To validate the results obtained in our study, we compared the current Salinity: ? 18 Osw ratio found by this study along with the primary data of Pierre and Ostlund, and the equation used by Toledo et al. (2007), which estimates the sea surface salinity based on the oxygen isotope composition of Globigerinoides ruber (white) adultspace. All of these works are based on data from the upper Southwest Atlantic Ocean (<250 m). Toledo et al. (2007) used an equation obtained from previous data available from NASA/GISS (also using data from Pierre et al. (1991) and Ostlund et al. (1987), among others), converted from PBD (Pee Dee Belemnite) to V-SMOW using the -0.27 factor ( Hut HUT G. 1987. Consultants Group Meeting on Stable Isotopes Reference Samples for geochemical and hydrological investigations. Report to Director General. International Atomic Energy Agency, Vienna, 42 p. 1987):
So it fusion line keeps a slope really close to the Meteoric Water line (MWL:?=8) (Craig 1961), and this signifies an average relationship between hydrogen and you may oxygen isotope rates in pure oceans
In order to compare our ? 18 Osw and T-S data in the regional context with literature, ? 18 Osw data available in the NASA/GISS Global Seawater Oxygen-18 Database (Schmidt et al. 1999) from the South Atlantic Ocean (Pierre et al. 1991, Ostlund et al. 1987) were used. As explained in the introduction, the study by Pierre et al. (1991) was conducted in a narrow area between 21.9°S and 26.5°S latitude during the austral Summer, from pling from surface to
2000) close 21°S while the leftover analysis off surface products merely over the GEOSECS point (Fig. 1). Afterwards, such functions might be called due to the fact Pierre and Ostlund, correspondingly.

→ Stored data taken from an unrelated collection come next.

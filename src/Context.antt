-- ===== src/Context.antt =====
-- src/trace_gate/context.py: `select_context` and `assemble_prompt`. The clock is an argument; the hash,
-- the parser of time stamps, the pattern of a digest, the canonical JSON text and the order of
-- texts are the fields of `Platform`. Times are microseconds.
pub mod Packing
pub mod Loop
pub mod Soundness
pub mod Budget
pub mod Prompts
mod Examples
use trace_gate_framework.Prelude.{
  ℕ, ◌+◌, ◌*◌, String, ◌≡◌, Bool, true, false, not, ◌&&◌, ◌||◌, Option, none, some, List, [], ◌∷◌,
  ◌++◌, map, Eq, ◌==◌, string_Eq, option_Eq, if◌then◌else◌, ltb, leb, any, contains, subset,
  is_empty, length, concat, Result, ok, err, value_error, permission_error, key_error, guard,
  reject_if, subscript, ◌>>=◌, ◌>>◌,
}
use trace_gate_framework.Prelude.Dict.{Dict, lookup, has_key}
use trace_gate_framework.Documents.{
  Strings, strings, not_strings, Count, count, not_count, Targets, AccessIntent, ReadProfile,
  listed, is_set, validate_intent, validate_profile, sensitivity,
}

-- A time stamp, with or without a time zone.
pub data Time : Type 0 where
  aware : ℕ → Time
  naive : Time

pub data Content : Type 0 where
  text : String → Content
  not_text : Content

pub record Artifact : Type 0 where
  pub artifact_id : String
  pub revision_id : Option String
  pub artifact_type : Option String
  pub validation_status : Option String
  pub freshness_status : Option String
  pub validated_at : Option String
  pub sensitivity_level : Option String
  pub tiers : Option (Dict Content)
  pub tier_fields : Option (Dict Strings)
  pub tier_digests : Option (Dict String)
  pub source_digest : Option String

pub record Item : Type 0 where
  pub artifact_id : String
  pub revision_id : String
  pub tier : String
  pub content : String
  pub source_digest : String

pub data Reason : Type 0 where
  outside_requested_targets duplicate_artifact record_limit_exceeded artifact_type_not_allowed :
      Reason
  validation_not_passed not_current validation_expired_or_missing sensitivity_exceeded : Reason
  no_allowed_tier tier_not_authorized field_policy_unverified_or_denied : Reason
  content_integrity_mismatch context_budget_exceeded : Reason

pub record Exclusion : Type 0 where
  pub artifact_id : String
  pub reason : Reason

pub record PackBody : Type 0 where
  pub decision : String
  pub profile_id : String
  pub items : List Item
  pub excluded : List Exclusion
  pub bytes_used : ℕ

pub record ContextPack : Type 0 where
  pub body : PackBody
  pub open body use *
  pub digest : String

pub record Platform : Type 0 where
  pub sha256 : String → String
  pub encoded_size : String → ℕ
  -- `datetime.fromisoformat(text.replace("Z", "+00:00"))`
  pub fromisoformat : String → Option Time
  -- `re.fullmatch(r"sha256:[a-f0-9]{64}", text)`
  pub is_digest : String → Bool
  pub dumps : PackBody → String

-- What the loop of `select_context` reads, and the state that it changes.
pub record Request : Type 0 where
  pub now : ℕ
  pub allowed_ids : List String
  pub artifact_types : Option (List String)
  pub max_records : ℕ
  pub max_age_seconds : ℕ
  pub budget : ℕ
  pub max_sensitivity : ℕ
  pub allowed_tiers : List String
  pub raw_allowed : Bool
  pub history_allowed : Bool
  pub field_denylist : List String
  pub field_allowlist : List String

pub record Progress : Type 0 where
  pub selected : List Item
  pub excluded : List Exclusion
  pub used : ℕ

pub data Judgement : Type 0 where
  exclude : Reason → Judgement
  include : Item → ℕ → Judgement

abbrev pub item_ids : List Item → List String
item_ids items = map (λ (i : Item). i.artifact_id) items

abbrev pub or_text : String → Option String → String
or_text default none = default
or_text default (some t) = t

-- `0 <= age <= max_age_seconds` for a stamp with a time zone; another stamp is not fresh.
abbrev pub fresh_stamp : Request → Option Time → Bool
fresh_stamp r none = false
fresh_stamp r (some naive) = false
fresh_stamp r (some (aware stamp)) =
    leb stamp r.now && leb r.now (stamp + r.max_age_seconds * 1000000)

abbrev pub fresh : Platform → Request → Option String → Bool
fresh platform r none = false
fresh platform r (some stamp) = fresh_stamp r (platform.fromisoformat stamp)

-- `artifact["tiers"]` is read for a candidate only.
unfoldable pub find_tier : List String → Option (Dict Content) → Result (Option String)
find_tier [] tiers = ok none
find_tier (candidate ∷ candidates) none = err key_error
find_tier (candidate ∷ candidates) (some tiers) =
    let rest = find_tier candidates (some tiers) in
    if has_key candidate tiers then ok (some candidate) else rest

abbrev pub fields_of : Option (Dict Strings) → String → Option Strings
fields_of none tier = none
fields_of (some fields) tier = lookup tier fields

abbrev pub digest_of : Option (Dict String) → String → Option String
digest_of none tier = none
digest_of (some digests) tier = lookup tier digests

abbrev pub content_of : Option (Dict Content) → String → Option Content
content_of none tier = none
content_of (some tiers) tier = lookup tier tiers

abbrev pub fields_denied : Request → Option Strings → Bool
fields_denied r none = true
fields_denied r (some not_strings) = true
fields_denied r (some (strings fields)) =
    any (λ f. contains f (r.field_denylist ++ "secrets" ∷ "credentials" ∷ [])) fields
    || (not (is_empty r.field_allowlist) && not (subset fields r.field_allowlist))

unfoldable pub tier_denied : Request → String → Bool
tier_denied r tier =
    ((tier == "raw") && not r.raw_allowed) || ((tier == "full_records") && not r.history_allowed)

-- The tests that read no tier.
unfoldable pub early_exclusion : Platform → Request → Artifact → Progress → Option Reason
early_exclusion platform r a s =
    if not (contains a.artifact_id r.allowed_ids)
    then some outside_requested_targets
    else if contains a.artifact_id (item_ids s.selected)
    then some duplicate_artifact
    else if leb r.max_records (length s.selected)
    then some record_limit_exceeded
    else if not (is_empty (listed r.artifact_types))
        && not (contains a.artifact_type (map some (listed r.artifact_types)))
    then some artifact_type_not_allowed
    else if not (a.validation_status == some "pass")
    then some validation_not_passed
    else if not (a.freshness_status == some "current")
    then some not_current
    else if not (fresh platform r a.validated_at)
    then some validation_expired_or_missing
    else none

abbrev select_item : Artifact → String → String → ℕ → Result Judgement
select_item a tier content size = do
  revision_id ← subscript a.revision_id
  source_digest ← subscript a.source_digest
  ok (
      include
        (record {
          artifact_id = a.artifact_id;
          revision_id = revision_id;
          tier = tier;
          content = content;
          source_digest = source_digest;
        })
        size)

-- The integrity and the budget of the content of the chosen tier.
unfoldable pub judge_content :
    Platform → Request → Artifact → Progress → String → Content → Result Judgement
judge_content platform r a s tier not_text = ok (exclude content_integrity_mismatch)
judge_content platform r a s tier (text content) =
    if not (platform.is_digest (or_text "" a.source_digest))
      || not (digest_of a.tier_digests tier == some (concat "sha256:" (platform.sha256 content)))
    then ok (exclude content_integrity_mismatch)
    else if ltb r.budget (s.used + platform.encoded_size content)
    then ok (exclude context_budget_exceeded)
    else select_item a tier content (platform.encoded_size content)

unfoldable pub judge_tier :
    Platform → Request → Artifact → Progress → Option String → Result Judgement
judge_tier platform r a s none = ok (exclude no_allowed_tier)
judge_tier platform r a s (some tier) =
    if tier_denied r tier then ok (exclude tier_not_authorized) else do
      content ← subscript (content_of a.tiers tier)
      if fields_denied r (fields_of a.tier_fields tier)
          then ok (exclude field_policy_unverified_or_denied)
          else judge_content platform r a s tier content

abbrev judge_access : Platform → Request → Artifact → Progress → Option Reason → Result Judgement
judge_access platform r a s (some reason) = ok (exclude reason)
judge_access platform r a s none = do
  level ← sensitivity (or_text "restricted" a.sensitivity_level)
  if ltb r.max_sensitivity level
      then ok (exclude sensitivity_exceeded)
      else do tier ← find_tier r.allowed_tiers a.tiers; judge_tier platform r a s tier

-- One round of the loop.
unfoldable pub judge : Platform → Request → Artifact → Progress → Result Judgement
judge platform r a s = judge_access platform r a s (early_exclusion platform r a s)

unfoldable pub apply_verdict : Artifact → Progress → Judgement → Progress
apply_verdict a s (exclude reason) = record {
  selected = s.selected;
  excluded = s.excluded ++ record { artifact_id = a.artifact_id; reason = reason } ∷ [];
  used = s.used;
}
apply_verdict a s (include item size) = record {
  selected = s.selected ++ item ∷ [];
  excluded = s.excluded;
  used = s.used + size;
}

unfoldable pub select_all : Platform → Request → List Artifact → Progress → Result Progress
select_all platform r [] s = ok s
select_all platform r (a ∷ artifacts) s = do
  verdict ← judge platform r a s
  select_all platform r artifacts (apply_verdict a s verdict)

Although recent isotopic data on the southeast Brazilian coast have been published by Venancio et al. (2014), this dataset is not comparable because it refers to a coastal upwelling area under the influence of different continental and internal processes. All ? 18 Osw, ?Dsw and salinity data presented here will be submitted to NASA/GISS to improve the coverage of isotopic data for the South Atlantic Ocean.
Steady ISOTOPES Delivery And you may FRACTIONATION Activities
Hydrographic studies and you will isotopic values each take to was sumples was split up by water mass depending on the big sum gotten immediately following the brand new fusion triangle analyses. So it dataset is an excellent symbol of your own isotopic vertical shipments to 2000 m depth, and was well-distributed within liquids public (a total of 34 TW samples, 21 SACW trials, 18 AAIW samples and you will 20 NADW products, except for the 5 CW samples).
Following the well-established ?Dsw and ? 18 Osw linear relationship (Merlivat and Jouzel 1979), we found at the surface layer a moderate correlation (R?= 0.55, n=27), and at the intermediate and deeper layer, a stronger correlation (R?=0.94 and 0.81; n= 33 and 38, respectively). The ? 18 Osw:?Dsw relationship for the whole dataset is presented in Figure 2 with a strong linear correlation (R 2 =0.94, n=98), which indicates that all of the future considerations regarding the ? 18 Osw can be extrapolated to ?Dsw including the Salinity and ? 18 Osw relationship.
Because the slopes and intersection points for each of the layers were very similar (?=7.05, 7.02 and 6.91; b= -0.49, -0.67 and -1.4, respectively), we propose a mixing line gathering together the entire dataset (?Dsw= 7.62* ? 18 Osw – 1.18) ( Fig. 2).
Following the Salinity and ? 18 Osw relationship, the vertical ? 18 Osw profile has a similar pattern to salinity ( Fig. 3). The upper layer, corresponding to TW, is characterized by a maximum with values up to 1.34‰ and controlled mainly by the E-P balance (Craig and Gordon 1965). Along the SACW layer, there is a consistent depletion of this isotope from 1.13‰ at 180 m to 0.19‰ at 700 m. This behavior follows the temperature and salinity profile tendency in the thermocline. The ? 18 Osw minimum is associated with the positioning of AAIW, which is characterized by minimum salinity derived from the sea melt and high precipitation rates in the Antarctic Divergence region (Tomczak and Godfrey 2003), which reduces the levels of ? 18 Osw (up to -0.33‰). Below 1000 m depth, a slight increase of the ? 18 Osw and salinity levels associated with the NADW layer can be observed.